* [EXTRACTED RECORDS]
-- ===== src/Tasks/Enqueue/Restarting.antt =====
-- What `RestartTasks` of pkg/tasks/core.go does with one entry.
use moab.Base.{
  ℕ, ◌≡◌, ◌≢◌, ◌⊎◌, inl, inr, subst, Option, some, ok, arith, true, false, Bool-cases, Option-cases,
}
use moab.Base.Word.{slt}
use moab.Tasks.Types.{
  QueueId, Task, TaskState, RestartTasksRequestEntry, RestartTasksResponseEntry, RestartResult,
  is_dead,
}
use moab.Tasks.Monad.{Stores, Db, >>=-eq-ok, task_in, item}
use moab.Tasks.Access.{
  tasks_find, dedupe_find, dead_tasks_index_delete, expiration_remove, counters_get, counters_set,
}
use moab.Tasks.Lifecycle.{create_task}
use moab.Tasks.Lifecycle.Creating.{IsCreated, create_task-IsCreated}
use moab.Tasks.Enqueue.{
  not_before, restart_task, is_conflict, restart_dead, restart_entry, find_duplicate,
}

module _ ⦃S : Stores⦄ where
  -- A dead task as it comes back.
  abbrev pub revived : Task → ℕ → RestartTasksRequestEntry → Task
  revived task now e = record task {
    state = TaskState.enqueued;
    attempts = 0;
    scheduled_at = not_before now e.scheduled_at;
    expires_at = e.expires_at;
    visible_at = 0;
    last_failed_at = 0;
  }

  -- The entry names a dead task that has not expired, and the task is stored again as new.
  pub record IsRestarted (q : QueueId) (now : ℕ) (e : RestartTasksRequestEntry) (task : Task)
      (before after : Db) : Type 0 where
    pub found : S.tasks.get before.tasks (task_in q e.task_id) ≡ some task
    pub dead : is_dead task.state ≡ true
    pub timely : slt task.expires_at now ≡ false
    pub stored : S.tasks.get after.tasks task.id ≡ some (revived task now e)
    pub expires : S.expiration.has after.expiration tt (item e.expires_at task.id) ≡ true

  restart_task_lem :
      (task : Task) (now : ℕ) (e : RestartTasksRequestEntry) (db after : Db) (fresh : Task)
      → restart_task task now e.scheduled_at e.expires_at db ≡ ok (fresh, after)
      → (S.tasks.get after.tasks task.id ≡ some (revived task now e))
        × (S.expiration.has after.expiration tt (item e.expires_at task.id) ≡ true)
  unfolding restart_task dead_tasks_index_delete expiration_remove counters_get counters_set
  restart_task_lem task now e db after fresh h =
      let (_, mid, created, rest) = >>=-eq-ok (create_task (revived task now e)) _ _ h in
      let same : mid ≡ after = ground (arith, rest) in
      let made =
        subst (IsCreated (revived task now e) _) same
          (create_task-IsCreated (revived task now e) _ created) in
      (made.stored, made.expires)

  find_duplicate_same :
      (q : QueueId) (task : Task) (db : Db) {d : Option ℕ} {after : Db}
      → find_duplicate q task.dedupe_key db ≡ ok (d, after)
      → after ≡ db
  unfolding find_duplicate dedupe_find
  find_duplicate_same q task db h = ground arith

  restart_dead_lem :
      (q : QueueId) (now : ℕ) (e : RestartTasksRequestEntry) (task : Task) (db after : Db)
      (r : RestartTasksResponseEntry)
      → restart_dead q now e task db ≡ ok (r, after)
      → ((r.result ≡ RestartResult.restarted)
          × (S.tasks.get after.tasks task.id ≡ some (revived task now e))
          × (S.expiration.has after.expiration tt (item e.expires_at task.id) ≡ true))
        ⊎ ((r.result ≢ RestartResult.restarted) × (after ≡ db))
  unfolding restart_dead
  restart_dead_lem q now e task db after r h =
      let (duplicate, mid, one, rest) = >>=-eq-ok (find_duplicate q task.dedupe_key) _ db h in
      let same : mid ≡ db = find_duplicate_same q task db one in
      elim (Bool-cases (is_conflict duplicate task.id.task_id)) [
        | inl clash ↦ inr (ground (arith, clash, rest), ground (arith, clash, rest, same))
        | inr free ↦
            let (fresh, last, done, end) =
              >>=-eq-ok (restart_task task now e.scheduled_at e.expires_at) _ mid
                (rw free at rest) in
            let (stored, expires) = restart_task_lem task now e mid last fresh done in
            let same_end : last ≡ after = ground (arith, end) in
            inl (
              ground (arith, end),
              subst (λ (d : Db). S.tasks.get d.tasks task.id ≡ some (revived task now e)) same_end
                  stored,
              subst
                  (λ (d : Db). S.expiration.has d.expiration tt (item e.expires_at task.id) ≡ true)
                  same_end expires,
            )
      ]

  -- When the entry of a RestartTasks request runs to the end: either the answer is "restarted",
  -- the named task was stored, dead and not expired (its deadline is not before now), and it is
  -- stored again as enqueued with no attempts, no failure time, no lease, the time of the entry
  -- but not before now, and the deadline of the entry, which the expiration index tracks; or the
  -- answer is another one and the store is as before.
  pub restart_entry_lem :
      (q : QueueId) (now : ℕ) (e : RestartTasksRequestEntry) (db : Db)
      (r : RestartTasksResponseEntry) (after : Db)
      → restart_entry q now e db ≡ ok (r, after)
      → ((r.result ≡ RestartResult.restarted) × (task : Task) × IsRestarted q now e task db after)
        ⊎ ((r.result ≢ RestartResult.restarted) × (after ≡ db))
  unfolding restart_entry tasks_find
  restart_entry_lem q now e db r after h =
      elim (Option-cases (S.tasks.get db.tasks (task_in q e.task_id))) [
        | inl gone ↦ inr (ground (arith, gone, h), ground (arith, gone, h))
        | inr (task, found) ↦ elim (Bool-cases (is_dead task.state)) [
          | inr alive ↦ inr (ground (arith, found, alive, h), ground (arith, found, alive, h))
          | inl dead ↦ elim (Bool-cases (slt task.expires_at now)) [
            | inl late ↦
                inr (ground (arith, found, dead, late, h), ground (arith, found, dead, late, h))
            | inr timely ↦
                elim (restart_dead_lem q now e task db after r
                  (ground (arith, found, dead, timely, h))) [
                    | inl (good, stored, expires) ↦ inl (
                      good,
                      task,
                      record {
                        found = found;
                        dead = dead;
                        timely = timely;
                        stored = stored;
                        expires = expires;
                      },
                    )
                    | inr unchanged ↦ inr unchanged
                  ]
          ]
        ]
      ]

...

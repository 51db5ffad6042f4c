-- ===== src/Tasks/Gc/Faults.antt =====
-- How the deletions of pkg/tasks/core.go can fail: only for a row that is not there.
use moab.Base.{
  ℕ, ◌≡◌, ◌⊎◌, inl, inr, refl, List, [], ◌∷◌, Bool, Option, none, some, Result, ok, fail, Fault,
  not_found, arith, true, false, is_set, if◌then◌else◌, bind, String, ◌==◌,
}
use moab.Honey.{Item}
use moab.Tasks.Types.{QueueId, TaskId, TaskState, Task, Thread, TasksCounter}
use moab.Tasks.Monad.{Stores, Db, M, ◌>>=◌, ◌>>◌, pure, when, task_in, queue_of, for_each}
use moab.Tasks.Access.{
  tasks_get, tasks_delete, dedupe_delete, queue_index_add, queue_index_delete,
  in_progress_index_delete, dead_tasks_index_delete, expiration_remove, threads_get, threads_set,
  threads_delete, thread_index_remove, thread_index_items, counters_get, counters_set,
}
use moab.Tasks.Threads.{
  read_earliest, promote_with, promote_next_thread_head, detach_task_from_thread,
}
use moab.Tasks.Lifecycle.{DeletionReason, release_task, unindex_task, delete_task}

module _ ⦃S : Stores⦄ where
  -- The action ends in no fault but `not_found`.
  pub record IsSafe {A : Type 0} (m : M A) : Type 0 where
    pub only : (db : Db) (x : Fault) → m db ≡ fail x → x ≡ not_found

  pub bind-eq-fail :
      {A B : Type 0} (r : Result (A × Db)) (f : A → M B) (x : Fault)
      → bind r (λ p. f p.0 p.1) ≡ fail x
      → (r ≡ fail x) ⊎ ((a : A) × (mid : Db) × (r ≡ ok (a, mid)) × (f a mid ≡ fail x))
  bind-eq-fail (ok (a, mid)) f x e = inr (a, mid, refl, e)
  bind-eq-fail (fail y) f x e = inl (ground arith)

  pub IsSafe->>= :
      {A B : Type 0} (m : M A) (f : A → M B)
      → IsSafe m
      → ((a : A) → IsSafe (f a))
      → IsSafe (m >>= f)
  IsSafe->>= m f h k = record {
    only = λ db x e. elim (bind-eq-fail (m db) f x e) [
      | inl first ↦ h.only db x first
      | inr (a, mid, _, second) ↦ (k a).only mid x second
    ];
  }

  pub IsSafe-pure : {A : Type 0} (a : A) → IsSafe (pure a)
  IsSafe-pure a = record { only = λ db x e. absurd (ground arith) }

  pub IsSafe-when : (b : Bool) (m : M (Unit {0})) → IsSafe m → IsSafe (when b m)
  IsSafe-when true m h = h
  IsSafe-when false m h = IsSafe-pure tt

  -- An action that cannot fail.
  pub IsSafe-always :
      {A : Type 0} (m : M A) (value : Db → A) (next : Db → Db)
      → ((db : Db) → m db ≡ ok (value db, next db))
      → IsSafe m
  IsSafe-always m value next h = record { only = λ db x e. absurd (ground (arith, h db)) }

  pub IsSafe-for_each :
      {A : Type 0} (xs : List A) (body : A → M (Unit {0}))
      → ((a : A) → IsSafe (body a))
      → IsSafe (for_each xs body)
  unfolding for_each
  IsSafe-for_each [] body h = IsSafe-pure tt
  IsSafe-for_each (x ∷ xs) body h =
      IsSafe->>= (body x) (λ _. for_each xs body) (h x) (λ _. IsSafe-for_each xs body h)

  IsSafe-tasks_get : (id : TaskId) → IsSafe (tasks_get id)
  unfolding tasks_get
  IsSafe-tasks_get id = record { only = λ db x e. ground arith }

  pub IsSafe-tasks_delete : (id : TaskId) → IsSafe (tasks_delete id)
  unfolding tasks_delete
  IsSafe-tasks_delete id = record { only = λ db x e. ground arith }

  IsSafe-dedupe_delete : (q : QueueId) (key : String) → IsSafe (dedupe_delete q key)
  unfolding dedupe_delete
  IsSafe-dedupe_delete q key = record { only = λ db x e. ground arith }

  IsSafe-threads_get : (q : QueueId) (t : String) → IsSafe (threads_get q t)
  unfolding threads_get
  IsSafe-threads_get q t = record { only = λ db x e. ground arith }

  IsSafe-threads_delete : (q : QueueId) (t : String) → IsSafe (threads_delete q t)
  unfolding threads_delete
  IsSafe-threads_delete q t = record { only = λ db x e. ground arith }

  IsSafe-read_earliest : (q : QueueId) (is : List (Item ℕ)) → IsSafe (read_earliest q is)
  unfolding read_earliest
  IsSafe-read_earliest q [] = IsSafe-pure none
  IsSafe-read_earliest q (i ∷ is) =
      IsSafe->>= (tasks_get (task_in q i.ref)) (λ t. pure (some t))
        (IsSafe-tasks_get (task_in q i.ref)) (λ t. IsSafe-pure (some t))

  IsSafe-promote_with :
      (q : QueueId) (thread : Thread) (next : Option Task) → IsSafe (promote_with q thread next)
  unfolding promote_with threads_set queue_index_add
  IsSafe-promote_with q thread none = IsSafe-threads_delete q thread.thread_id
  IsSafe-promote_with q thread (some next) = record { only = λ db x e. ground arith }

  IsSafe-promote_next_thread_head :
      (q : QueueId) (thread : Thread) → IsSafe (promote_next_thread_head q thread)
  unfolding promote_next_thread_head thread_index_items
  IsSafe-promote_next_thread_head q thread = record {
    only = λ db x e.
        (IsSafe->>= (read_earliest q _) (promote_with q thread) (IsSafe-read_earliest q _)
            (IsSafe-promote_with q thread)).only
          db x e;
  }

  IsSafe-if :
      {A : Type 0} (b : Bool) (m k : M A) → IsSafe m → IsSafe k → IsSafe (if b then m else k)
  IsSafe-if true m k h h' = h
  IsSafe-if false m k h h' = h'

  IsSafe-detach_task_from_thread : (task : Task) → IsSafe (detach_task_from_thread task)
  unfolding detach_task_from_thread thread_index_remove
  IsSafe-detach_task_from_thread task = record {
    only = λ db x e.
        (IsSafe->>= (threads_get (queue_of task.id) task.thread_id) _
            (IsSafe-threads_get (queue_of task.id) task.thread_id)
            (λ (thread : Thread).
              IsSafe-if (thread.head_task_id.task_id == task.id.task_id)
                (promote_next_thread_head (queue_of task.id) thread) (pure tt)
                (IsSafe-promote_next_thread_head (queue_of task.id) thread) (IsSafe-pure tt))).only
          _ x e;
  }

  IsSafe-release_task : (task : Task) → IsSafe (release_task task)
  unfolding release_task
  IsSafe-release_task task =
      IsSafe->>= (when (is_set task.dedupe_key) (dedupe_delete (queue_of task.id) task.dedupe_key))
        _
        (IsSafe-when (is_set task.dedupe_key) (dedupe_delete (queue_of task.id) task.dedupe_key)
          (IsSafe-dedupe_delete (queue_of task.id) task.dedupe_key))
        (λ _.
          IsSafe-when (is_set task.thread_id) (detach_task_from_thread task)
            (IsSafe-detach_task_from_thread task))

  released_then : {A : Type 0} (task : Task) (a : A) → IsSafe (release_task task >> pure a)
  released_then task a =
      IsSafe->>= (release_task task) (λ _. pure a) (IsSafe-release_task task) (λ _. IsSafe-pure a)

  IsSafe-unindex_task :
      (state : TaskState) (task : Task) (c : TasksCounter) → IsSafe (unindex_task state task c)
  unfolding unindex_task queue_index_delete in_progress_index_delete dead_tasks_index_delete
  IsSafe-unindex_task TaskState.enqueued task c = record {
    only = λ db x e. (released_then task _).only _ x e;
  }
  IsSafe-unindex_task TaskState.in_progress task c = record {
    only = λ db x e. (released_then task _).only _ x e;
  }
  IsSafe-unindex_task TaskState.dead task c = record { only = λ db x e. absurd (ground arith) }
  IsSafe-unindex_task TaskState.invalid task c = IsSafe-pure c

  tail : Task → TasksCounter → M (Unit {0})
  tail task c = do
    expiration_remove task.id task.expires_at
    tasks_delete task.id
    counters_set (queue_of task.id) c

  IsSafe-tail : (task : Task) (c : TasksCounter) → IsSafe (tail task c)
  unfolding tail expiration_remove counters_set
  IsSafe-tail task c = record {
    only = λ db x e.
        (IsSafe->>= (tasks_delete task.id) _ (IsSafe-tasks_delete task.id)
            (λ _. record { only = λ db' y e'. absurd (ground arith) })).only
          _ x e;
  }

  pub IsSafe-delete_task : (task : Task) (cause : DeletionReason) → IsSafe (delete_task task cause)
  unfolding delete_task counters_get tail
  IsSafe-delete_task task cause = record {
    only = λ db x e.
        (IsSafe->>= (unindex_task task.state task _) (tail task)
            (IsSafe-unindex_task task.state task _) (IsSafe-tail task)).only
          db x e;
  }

--

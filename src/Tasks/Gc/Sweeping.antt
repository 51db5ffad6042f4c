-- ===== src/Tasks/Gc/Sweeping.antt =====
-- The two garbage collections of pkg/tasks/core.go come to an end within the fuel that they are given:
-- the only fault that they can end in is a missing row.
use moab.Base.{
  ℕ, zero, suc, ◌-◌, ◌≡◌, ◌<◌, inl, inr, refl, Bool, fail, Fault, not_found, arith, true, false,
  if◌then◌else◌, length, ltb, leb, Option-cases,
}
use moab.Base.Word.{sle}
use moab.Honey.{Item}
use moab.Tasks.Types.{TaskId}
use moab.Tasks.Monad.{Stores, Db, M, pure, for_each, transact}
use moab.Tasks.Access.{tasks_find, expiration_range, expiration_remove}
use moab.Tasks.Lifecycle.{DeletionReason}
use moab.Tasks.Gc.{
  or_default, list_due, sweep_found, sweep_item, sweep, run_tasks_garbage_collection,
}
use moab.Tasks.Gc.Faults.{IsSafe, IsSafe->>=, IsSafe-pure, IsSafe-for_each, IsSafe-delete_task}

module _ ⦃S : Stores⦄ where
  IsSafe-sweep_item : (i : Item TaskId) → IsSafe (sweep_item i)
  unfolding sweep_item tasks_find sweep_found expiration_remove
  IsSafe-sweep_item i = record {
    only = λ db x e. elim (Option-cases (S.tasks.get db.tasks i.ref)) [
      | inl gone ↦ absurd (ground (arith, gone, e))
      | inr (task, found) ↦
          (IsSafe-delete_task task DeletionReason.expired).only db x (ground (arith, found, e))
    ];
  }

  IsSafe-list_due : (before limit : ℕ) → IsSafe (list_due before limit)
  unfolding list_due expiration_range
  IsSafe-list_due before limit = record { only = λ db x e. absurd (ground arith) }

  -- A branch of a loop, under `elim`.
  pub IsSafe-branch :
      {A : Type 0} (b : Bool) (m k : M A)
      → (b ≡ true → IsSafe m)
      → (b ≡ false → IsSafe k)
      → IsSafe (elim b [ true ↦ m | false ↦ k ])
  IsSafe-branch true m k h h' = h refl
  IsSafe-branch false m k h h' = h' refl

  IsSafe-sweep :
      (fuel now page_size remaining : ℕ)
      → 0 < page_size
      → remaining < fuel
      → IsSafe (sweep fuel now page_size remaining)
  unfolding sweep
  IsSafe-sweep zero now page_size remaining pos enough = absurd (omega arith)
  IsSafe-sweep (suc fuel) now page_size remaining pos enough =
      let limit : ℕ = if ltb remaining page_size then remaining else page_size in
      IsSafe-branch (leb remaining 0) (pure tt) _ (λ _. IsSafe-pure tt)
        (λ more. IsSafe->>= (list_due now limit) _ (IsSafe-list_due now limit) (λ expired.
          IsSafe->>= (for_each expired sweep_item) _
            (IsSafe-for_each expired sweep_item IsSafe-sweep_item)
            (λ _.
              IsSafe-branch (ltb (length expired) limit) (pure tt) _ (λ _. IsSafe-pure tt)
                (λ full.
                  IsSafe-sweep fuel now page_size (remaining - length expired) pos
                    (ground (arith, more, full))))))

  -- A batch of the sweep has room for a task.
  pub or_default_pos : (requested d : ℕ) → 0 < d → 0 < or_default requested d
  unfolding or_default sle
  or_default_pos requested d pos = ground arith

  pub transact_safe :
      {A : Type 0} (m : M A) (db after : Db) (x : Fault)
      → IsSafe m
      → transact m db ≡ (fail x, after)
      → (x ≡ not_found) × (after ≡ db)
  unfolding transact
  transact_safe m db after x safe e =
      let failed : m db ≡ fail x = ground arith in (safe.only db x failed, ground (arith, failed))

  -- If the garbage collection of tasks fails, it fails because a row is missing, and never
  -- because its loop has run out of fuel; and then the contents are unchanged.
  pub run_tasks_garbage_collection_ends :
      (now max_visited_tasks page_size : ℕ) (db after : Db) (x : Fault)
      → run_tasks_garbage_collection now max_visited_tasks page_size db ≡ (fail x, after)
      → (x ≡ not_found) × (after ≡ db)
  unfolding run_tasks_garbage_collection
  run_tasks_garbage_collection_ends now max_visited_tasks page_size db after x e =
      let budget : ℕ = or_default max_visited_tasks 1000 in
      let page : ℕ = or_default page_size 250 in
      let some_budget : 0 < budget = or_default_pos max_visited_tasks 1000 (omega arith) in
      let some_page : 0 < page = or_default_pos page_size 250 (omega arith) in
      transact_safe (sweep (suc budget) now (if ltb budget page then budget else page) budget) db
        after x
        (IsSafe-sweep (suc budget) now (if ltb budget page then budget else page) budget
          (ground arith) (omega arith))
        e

* [REQUIRED ACTION] Reproduce exactly, and only, the part of the listing above that begins at the line with "true → IsSafe m)" and goes on through the line with "(ground (arith, more, full))))))".

* [REPLY]
      → (b ≡ true → IsSafe m)
      → (b ≡ false → IsSafe k)
      → IsSafe (elim b [ true ↦ m | false ↦ k ])
  IsSafe-branch true m k h h' = h refl
  IsSafe-branch false m k h h' = h' refl

  IsSafe-sweep :
      (fuel now page_size remaining : ℕ)
      → 0 < page_size
      → remaining < fuel
      → IsSafe (sweep fuel now page_size remaining)
  unfolding sweep
  IsSafe-sweep zero now page_size remaining pos enough = absurd (omega arith)
  IsSafe-sweep (suc fuel) now page_size remaining pos enough =
      let limit : ℕ = if ltb remaining page_size then remaining else page_size in
      IsSafe-branch (leb remaining 0) (pure tt) _ (λ _. IsSafe-pure tt)
        (λ more. IsSafe->>= (list_due now limit) _ (IsSafe-list_due now limit) (λ expired.
          IsSafe->>= (for_each expired sweep_item) _
            (IsSafe-for_each expired sweep_item IsSafe-sweep_item)
            (λ _.
              IsSafe-branch (ltb (length expired) limit) (pure tt) _ (λ _. IsSafe-pure tt)
                (λ full.
                  IsSafe-sweep fuel now page_size (remaining - length expired) pos
                    (ground (arith, more, full))))))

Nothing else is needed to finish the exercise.